As noted above, Roadmaster Lebourgeois did not specifically instruct the grievor to commence his inspection early enough in the day to ensure that it was done in advance of the train. The value of this factor is qualified, however, by the grievor's own admission that he felt the inspection should be done in advance of the train, and that he misjudged the time it would take to do the paperwork. It appears, in fact, that he was correct in his assessment. With his paper work done, he was on the track, proceeding northward in his motor car at a time which normally would have allowed him to safely inspect the track well ahead of the train. However the faulty condition of his track motor car limited the speed at which he could travel. But for that difficulty the grievor would have reached the slip out in advance of the train.

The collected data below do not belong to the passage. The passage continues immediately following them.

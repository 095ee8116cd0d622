-- ===== src/UnixSocket.antt =====
-- src/core/socket_server/unix_socket.h: the file name and the address of a server's Unix socket.
pub mod Laws
pub mod Frame
use multisim.Base.{
  ℕ, zero, suc, ◌+◌, ◌/◌, ◌%◌, [], ◌∷◌, ◌++◌, ltb, leb, ◌==◌, if◌then◌else◌, Bytes, codes, length,
  take, Option, none, some, Bool, true, false,
}
use multisim.InfoFile.{fnv1a_hash_str}

unfoldable pub unix_socket_file : Bytes → Bytes
unix_socket_file name =
    if leb (length name) 64
    then codes "server_" ++ (name ++ codes ".sock")
    else codes "server_" ++ (take 40 name ++ (codes "_" ++ (fnv1a_hash_str name ++ codes ".sock")))

-- `std::to_string` of a value with at most `fuel` digits behind its first.
unfoldable pub decimal : ℕ → ℕ → Bytes
decimal zero n = (b'0' + n % 10) ∷ []
decimal (suc fuel) n =
    let front = decimal fuel (n / 10) in
    if ltb n 10 then (b'0' + n) ∷ [] else front ++ (b'0' + n % 10) ∷ []

-- A non-negative `int` has ten digits at most.
abbrev pub to_string : ℕ → Bytes
to_string n = decimal 9 n

-- `sizeof(addr->sun_path)`
abbrev pub sun_path_size : ℕ
sun_path_size = 108

-- The directory is opened and closed by the operating system, `open_dir` and `close` here.
-- `path` is `addr->sun_path` where the call returns 0, and `none` where it returns -1; `dirfd` is
-- the descriptor left to the caller, `none` for -1.
pub record Addr (World : Type 0) : Type 0 where
  pub path : Option Bytes
  pub dirfd : Option ℕ
  pub world : World

module _ {World : Type 0} (open_dir : World → Bytes → Option ℕ × World)
    (close : World → ℕ → World) where
  -- The directory is open as `fd`.
  pub through_proc : World → Bytes → ℕ → Addr World
  through_proc w file fd =
      let path = codes "/proc/self/fd/" ++ (to_string fd ++ (codes "/" ++ file)) in
      if leb sun_path_size (length path)
      then record { path = none; dirfd = none; world = close w fd }
      else record { path = some path; dirfd = some fd; world = w }

  pub after_open : Bytes → Option ℕ × World → Addr World
  unfolding through_proc
  after_open file (none, w) = record { path = none; dirfd = none; world = w }
  after_open file (some fd, w) = through_proc w file fd

  unfoldable pub unix_socket_addr : World → Bytes → Bytes → Addr World
  unfolding after_open
  unix_socket_addr w dir file =
      let path = dir ++ (codes "/" ++ file) in
      if leb sun_path_size (length path)
      then after_open file (open_dir w dir)
      else record { path = some path; dirfd = none; world = w }
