-- ===== src/SocketServer.antt =====
-- src/core/socket_server/server.cpp and server.h: class `Server`, a non-blocking socket server.
pub mod Start
pub mod Frame
pub mod Ledger
pub mod Starting
use multisim.Base.{
  ℕ, zero, suc, ◌+◌, ◌%◌, ◌^◌, Bool, true, false, ◌||◌, not, List, [], ◌∷◌, ◌++◌, if◌then◌else◌,
  Bytes, codes, bytes_eq, get_or, Option, none, some, Run, returned, exited, running, ◌>>=◌,
}
use multisim.Os.{Os, Interface}
use multisim.InfoFile.{info_file_path}
use multisim.UnixSocket.{unix_socket_file, unix_socket_addr, Addr, to_string}

abbrev pub base_port : ℕ
base_port = 8100

-- A descriptor of -1 is `none`. Members that are not initialised hold what is given here until
-- `start`, and nothing reads them before.
pub record Server : Type 0 where
  pub server_name : Bytes
  pub server_info_dir : Bytes
  pub server_ip : Bytes
  pub server_port : ℕ
  pub server_fd : ℕ
  pub unix_fd : Option ℕ
  pub unix_socket_path : Bytes
  pub server_is_running : Bool

-- `serverNameSet.find(name) != serverNameSet.end()`
unfoldable pub in_set : Bytes → List Bytes → Bool
in_set name [] = false
in_set name (n ∷ names) = bytes_eq name n || in_set name names

abbrev pub new_server : Bytes → Bytes → Server
new_server dir name = record {
  server_name = name;
  server_info_dir = dir;
  server_ip = [];
  server_port = 0;
  server_fd = 0;
  unix_fd = none;
  unix_socket_path = [];
  server_is_running = false;
}

-- The constructor; the set of names is the static `serverNameSet`.
unfoldable pub construct : List Bytes → Bytes → Bytes → Run (Server × List Bytes)
unfolding in_set
construct names dir name =
    if in_set name names then exited else returned (new_server dir name, name ∷ names)

-- The addresses of loopback interfaces are skipped.
unfoldable pub first_ip : List Interface → Bytes
first_ip [] = codes "127.0.0.1"
first_ip (i ∷ is') = elim (i.inet) [
  | none ↦ first_ip is'
  | some ip ↦
      let rest = first_ip is' in
      if bytes_eq i.name (codes "lo") || bytes_eq i.name (codes "lo0") then rest else ip
]

-- What `start` prints into the info file.
unfoldable pub info_text : Server → Bytes
info_text s =
    codes "ip: "
    ++ (s.server_ip
        ++ (codes "\n"
            ++ (codes "port: "
                ++ (to_string s.server_port
                    ++ (codes "\n" ++ elim (s.unix_fd) [
                      | none ↦ []
                      | some fd ↦ codes "unix: " ++ (s.unix_socket_path ++ codes "\n")
                    ])))))

module _ (os : Os) where
  open os use {
    World, close, socket_inet, socket_unix, set_nonblock, bind_inet, bind_unix, listen, poll_in,
    accept, interfaces, mkdir, realpath, unlink, open_dir, write_file,
  }

  -- `Server::getIp`
  unfoldable pub get_ip : World → Bytes × World
  unfolding first_ip
  get_ip w =
      let (found, w') = interfaces w in
      elim found [ none ↦ (codes "127.0.0.1", w') | some is' ↦ (first_ip is', w') ]

  -- The `while (1)` loop over `i`, which ends at the first port that can be bound; `htons` keeps 16
  -- bits. The result is `serverPort`.
  unfoldable pub bind_loop : ℕ → World → ℕ → ℕ → Run (ℕ × World)
  bind_loop zero w fd i = running
  bind_loop (suc fuel) w fd i =
      let port = base_port + i in
      let tried = bind_inet w fd (port % 2 ^ 16) in
      let rest = bind_loop fuel tried.1 fd (i + 1) in
      if tried.0 then returned (port, tried.1) else rest

  unfoldable pub close_opened : World → Option ℕ → World
  close_opened w none = w
  close_opened w (some fd) = close w fd

  -- The bind and the listen of the Unix socket, `||` from left to right.
  pub unix_listen : World → ℕ → Option Bytes → Bool × World
  unix_listen w fd none = (false, w)
  unix_listen w fd (some path) =
      let bound = bind_unix w fd path in
      let listening = listen bound.1 fd in if bound.0 then listening else (false, bound.1)

  -- The Unix socket with its descriptor open.
  pub unix_setup : World → Server → Bytes → Bytes → ℕ → Server × World
  unfolding unix_listen close_opened unix_socket_addr
  unix_setup w s dir file fd =
      let a = unix_socket_addr open_dir close (unlink w s.unix_socket_path) dir file in
      let l = unix_listen a.world fd a.path in
      if l.0
      then (record s { unix_fd = some fd }, close_opened (set_nonblock l.1 fd) a.dirfd)
      else (record s { unix_fd = none }, close_opened (close l.1 fd) a.dirfd)

  pub unix_open : Server → Bytes → Bytes → Option ℕ × World → Server × World
  unfolding unix_setup
  unix_open s dir file (none, w) = (record s { unix_fd = none }, w)
  unix_open s dir file (some fd, w) = unix_setup w s dir file fd

  -- `Server::startUnixSocket`
  unfoldable pub start_unix_socket : World → Server → Server × World
  unfolding unix_open unix_socket_file
  start_unix_socket w s =
      let (found, w') = realpath w s.server_info_dir in
      elim found [
        | none ↦ (s, w')
        | some dir ↦
            let file = unix_socket_file s.server_name in
            unix_open (record s { unix_socket_path = dir ++ (codes "/" ++ file) }) dir file
              (socket_unix w')
      ]

  -- From `mkdir` on: the Unix socket and the info file.
  pub start_files : World → Server → Run (Server × World)
  unfolding start_unix_socket info_file_path info_text
  start_files w s =
      let (s', w') = start_unix_socket (mkdir w s.server_info_dir) s in
      let path = info_file_path s'.server_info_dir (codes "server_") s'.server_name in
      let written = write_file w' path (info_text s') in
      if written.0 then returned (s', written.1) else exited

  -- Behind the loop over the ports.
  pub start_listening : Server → ℕ × World → Run (Server × World)
  unfolding start_files get_ip
  start_listening s (port, w) =
      let l = listen w s.server_fd in
      let ip = get_ip l.1 in
      let up =
        start_files ip.1
          (record s { server_port = port; server_ip = ip.0; server_is_running = true }) in
      if l.0 then up else exited

  pub start_socket : ℕ → Server → Option ℕ × World → Run (Server × World)
  unfolding start_listening bind_loop
  start_socket fuel s (none, w) = exited
  start_socket fuel s (some fd, w) = do
    bound ← bind_loop fuel (set_nonblock w fd) fd 0
    start_listening (record s { server_fd = fd }) bound

  -- `Server::start`, with `fuel` ports tried at most.
  unfoldable pub start : ℕ → World → Server → Run (Server × World)
  unfolding start_socket
  start fuel w s = if s.server_is_running then exited else start_socket fuel s (socket_inet w)

  pub accept_unix : World → Option ℕ → Bool → Option ℕ × World
  accept_unix w (some fd) true = accept w fd
  accept_unix w (some fd) false = (none, w)
  accept_unix w none unix_in = (none, w)

  pub accept_tcp : Server → Bool → Option ℕ × World → Option ℕ × World
  accept_tcp s true (none, w) = accept w s.server_fd
  accept_tcp s false (none, w) = (none, w)
  accept_tcp s tcp_in (some fd, w) = (some fd, w)

  pub unblocked : Option ℕ × World → Option ℕ × World
  unblocked (none, w) = (none, w)
  unblocked (some fd, w) = (some fd, set_nonblock w fd)

  -- The descriptors that are polled, the TCP socket first.
  abbrev pub listening : Server → List ℕ
  listening s = elim (s.unix_fd) [ none ↦ s.server_fd ∷ [] | some fd ↦ s.server_fd ∷ fd ∷ [] ]

  -- Behind the `poll`; an entry that was not polled has no POLLIN.
  pub accept_ready : Server → Option (List Bool) × World → Option ℕ × World
  unfolding accept_unix accept_tcp unblocked
  accept_ready s (none, w) = (none, w)
  accept_ready s (some revents, w) =
      unblocked
        (accept_tcp s (get_or revents 0 false) (accept_unix w s.unix_fd (get_or revents 1 false)))

  -- `Server::acceptNewSocket`
  unfoldable pub accept_new_socket : World → Server → Option ℕ × World
  unfolding accept_ready
  accept_new_socket w s = accept_ready s (poll_in w (listening s))
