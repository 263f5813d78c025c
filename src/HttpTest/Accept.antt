-- ===== src/HttpTest/Accept.antt =====
-- http_server of httptest.cpp, which calls itself at its end.
use boost_learn.Base.{ℕ, zero, suc, ◌≡◌, refl, Option, none, true}
use boost_learn.HttpServer.Accept.{Accepting}

-- On fuel: `none` when that many nested calls have not ended.
unfoldable pub http_server : ℕ → Accepting → Option Accepting
http_server zero a = none
http_server (suc fuel) a = http_server fuel (record a { accepting = true })

-- However deep the stack is, the call does not return.
pub http_server-none : (fuel : ℕ) (a : Accepting) → http_server fuel a ≡ none
unfolding http_server
http_server-none zero a = refl
http_server-none (suc fuel) a = http_server-none fuel (record a { accepting = true })
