-- ===== src/HttpTest/Connect.antt =====
-- The life of a connection: that of beast_http_server, but that the callback of a write looks at the
-- error.
use boost_learn.Base.{◌≡◌, refl, inr, Bool, true, false}
use boost_learn.HttpServer.Connect.{
  Connect, for_request, for_write, for_nothing, start, request_read, deadline_over, shutdown_send,
}
use boost_learn.HttpServer.Deadline.{
  IsGuarded, start-IsGuarded, read-IsGuarded, over-IsGuarded, ended-IsGuarded,
}

-- The callback of write_response, with its error and that of the shutdown, which it does not look at.
unfoldable pub response_written : Connect → Bool → Bool → Connect
response_written c true shutdown_ec = record c { waiting = for_nothing }
response_written c false shutdown_ec = record c {
  socket = shutdown_send shutdown_ec c.socket;
  deadline = false;
  waiting = for_nothing;
}

pub data Step (c : Connect) : Connect → Type 0 where
  reads : (ec : Bool) → c.waiting ≡ for_request → Step c (request_read c ec)
  writes :
      (ec shutdown_ec : Bool) → c.waiting ≡ for_write → Step c (response_written c ec shutdown_ec)
  expires : c.deadline ≡ true → Step c (deadline_over c false)
  cancelled : c.deadline ≡ false → Step c (deadline_over c true)

pub data Reach : Connect → Type 0 where
  begin : Reach start
  next : {c d : Connect} → Reach c → Step c d → Reach d

written-IsGuarded :
    (c : Connect) (ec shutdown_ec : Bool)
    → c.waiting ≡ for_write
    → IsGuarded c
    → IsGuarded (response_written c ec shutdown_ec)
unfolding response_written
written-IsGuarded c true shutdown_ec h g = record {
  watched = inr (inr refl);
  ended = λ e. ((g.ended e).0, refl);
}
written-IsGuarded c false shutdown_ec h g = ended-IsGuarded c (shutdown_send shutdown_ec c.socket)

Step-IsGuarded : {c d : Connect} → Step c d → IsGuarded c → IsGuarded d
Step-IsGuarded {c} (reads ec h) g = read-IsGuarded c ec h g
Step-IsGuarded {c} (writes ec shutdown_ec h) g = written-IsGuarded c ec shutdown_ec h g
Step-IsGuarded {c} (expires h) g = over-IsGuarded c false g
Step-IsGuarded {c} (cancelled h) g = over-IsGuarded c true g

-- Here too a connection that waits for the request, or for its response to be written, has its timer
-- armed or its socket closed, and one whose socket has been shut down has no timer armed.
pub Reach-IsGuarded_httptest : {c : Connect} → Reach c → IsGuarded c
Reach-IsGuarded_httptest begin = start-IsGuarded
Reach-IsGuarded_httptest (next r st) = Step-IsGuarded st (Reach-IsGuarded_httptest r)
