-- ===== src/HttpTest/Handler.antt =====
-- http_connect::process_request and what it calls, with the requests, the pages and the counter of
-- HttpServer. The texts for a target that is not there, the order of the members of an answer, and the
-- length that is set are this program's own.
use Prim.Native.String.{String}
use text.Mathlib.Text.{◌==◌}
use boost_learn.Base.{ℕ, ◌+◌, List, [], ◌++◌, Option, none, some, false, if◌then◌else◌, length}
use boost_learn.Base.Text.{codes}
use boost_learn.HttpServer.Message.{
  Verb, get, post, other, Request, ok, bad_request, not_found, Response, Json,
}
use boost_learn.HttpServer.Handler.{
  stream, set_member, with_count, count_page, time_page, report_error,
}

-- The two branches for a target that is not there, which differ in the end of the line.
unfoldable pub file_not_found : String → Response → Response
file_not_found text r =
    stream (record r { result = not_found; content_type = some "text/plain" }) (codes text)

-- response_.content_length(request_.body().size())
abbrev pub with_request_length : Request → Option (Response × ℕ) → Option (Response × ℕ)
with_request_length q none = none
with_request_length q (some (r, count)) =
    some (record r { content_length = some (length q.body) }, count)

module _ (json : Json) where
  -- http_connect::create_response, with the counter behind it
  unfoldable pub create_response : ℕ → ℕ → Request → Response → Response × ℕ
  unfolding file_not_found
  create_response count now q r =
      if q.target == "/count"
      then (
        stream (record r { content_type = some "text/html" }) (count_page json (count + 1)),
        count + 1,
      )
      else (if q.target == "/time"
          then (stream (record r { content_type = some "text/html" }) (time_page json now), count)
          else (file_not_found "File is not found\n" r, count))

  -- The members of the answer; a look-up that throws is `none`.
  unfoldable pub accept_email :
      List (String × json.Value) → Response → Option json.Value → Option Response
  unfolding set_member
  accept_email root r none = none
  accept_email root r (some email) =
      let root' =
        set_member (set_member (set_member root "email" email) "error" (json.int 0)) "msg"
          (json.text "receive email post success") in
      some (stream r (json.to_styled_string root'))

  -- http_connect::create_post_response
  unfoldable pub create_post_response : Request → Response → Option Response
  unfolding file_not_found report_error accept_email
  create_post_response q r =
      if q.target == "/email"
      then (let (parse_success, src_root) = json.parse q.body in
          let typed = record r { content_type = some "text/json" } in
          let (root, r') = report_error json parse_success [] typed in
          accept_email root r' (json.member src_root "email"))
      else some (file_not_found "File is not found\r\n" r)

  -- The switch of http_connect::process_request.
  unfoldable pub respond : ℕ → ℕ → Verb → Request → Response → Option (Response × ℕ)
  unfolding create_response create_post_response
  respond count now get q r =
      some (create_response count now q (record r { result = ok; server = some "Beast" }))
  respond count now post q r =
      with_count count (create_post_response q (record r { result = ok; server = some "Beast" }))
  respond count now (other method) q r = some (
    stream (record r { content_type = some "text/plain"; result = bad_request })
        (codes "Invalid request method '" ++ (codes method ++ codes "'")),
    count,
  )

  -- http_connect::process_request, and the length that write_response sets. `r` is what response_
  -- holds before.
  unfoldable pub process_request : ℕ → ℕ → Request → Response → Option (Response × ℕ)
  unfolding respond
  process_request count now q r =
      with_request_length q
        (respond count now q.method q (record r { version = q.version; keep_alive = false }))
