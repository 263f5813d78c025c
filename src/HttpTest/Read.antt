-- ===== src/HttpTest/Read.antt =====
-- What a connection answers to what it reads: `read_request` hands `response_` to `async_read`, so that
-- `request_` stays as the constructor made it.
use boost_learn.Base.{ℕ, ◌≡◌, refl, [], ◌++◌, Bool, true, false, Option, none, some}
use boost_learn.Base.Text.{codes}
use boost_learn.HttpServer.Message.{other, Request, bad_request, Response, Json}
use boost_learn.HttpServer.Handler.{new_response}
use boost_learn.HttpTest.Handler.{process_request, respond}

-- The members that process_request uses.
pub record HttpConnect : Type 0 where
  pub request_ : Request
  pub response_ : Response

-- http::request's constructor: HTTP/1.1, the verb `unknown`, whose text is empty, no target, no body
abbrev pub new_request : Request
new_request = record { version = 11; method = other ""; target = ""; body = [] }

-- http_connect::http_connect
abbrev pub new_connect : HttpConnect
new_connect = record { request_ = new_request; response_ = new_response }

-- The callback of read_request, with what async_read has made of `response_`. The answer that is
-- written, if one is, and the counter.
unfoldable pub request_read :
    Json → ℕ → ℕ → HttpConnect → Bool → Response → Option (Option Response × ℕ)
unfolding process_request
request_read json count now c true read = some (none, count)
request_read json count now c false read = elim (process_request json count now c.request_ read) [
  | none ↦ none
  | some (r, n) ↦ some (some r, n)
]

-- Whatever a peer sends that Boost.Beast takes for a response, a new connection answers 400 for an
-- empty method: the body is what was read, with the report behind it, and the length is 0 all the same.
-- No request is ever counted.
pub read_is_bad_request :
    (json : Json) (count now : ℕ) (read : Response)
    → (r : Response) × (request_read json count now new_connect false read ≡ some (some r, count))
      × (r.result ≡ bad_request)
      × (r.body ≡ read.body ++ codes "Invalid request method ''")
      × (r.content_length ≡ some 0)
unfolding request_read process_request respond
read_is_bad_request json count now read = (_, refl, refl, refl, refl)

The Arbitrator does not share the Company's view of the gravity of Mr. Miller's error. On the whole, however, I cannot find that the grievor was entirely blameless. It is not disputed that he is responsible for ensuring that his track motor car was kept in serviceable condition, and that he had prior knowledge of the difficulties which caused it to slow down on the day in question. By his own admission he was aware that the inspection of the track should be conducted in advance of the Courtenay Turn train, and to some extent he misjudged the time that would be required to complete his paperwork. In all of the circumstances the Arbitrator must agree with the Company that there was just cause for the imposition of discipline. I cannot conclude, however, that the period out of service, coupled with a two year demotion was an appropriate disciplinary response in the circumstances.

I do not accept the submission of the Union that the Company was not justified under Article 18.3 in holding the grievor out of service pending the investigation. I do agree, however, that a two-year demotion for the grievor's error of judgement is excessive in the circumstances. The grievor is a long service employee, having worked as a Track Maintenance Foreman for some 10 years prior to the incident in question. It appears that for more than four years prior to this incident his record was without any infractions concerning the movement of trains. In the Arbitrator's view the grievor's actions are better described as an error in judgement rather than as negligent or reckless misconduct. In the circumstances a demotion of six months would, in my opinion, be an ample measure of corrective discipline. For the foregoing reasons the grievance is allowed in part. The grievor shall be reinstated into his position as a Track Maintenance Foreman, effective six months from February 28th, 1986, with compensation for any wages or benefits lost. I retain jurisdiction in the event of any dispute between the parties respecting the interpretation or implementation of this award.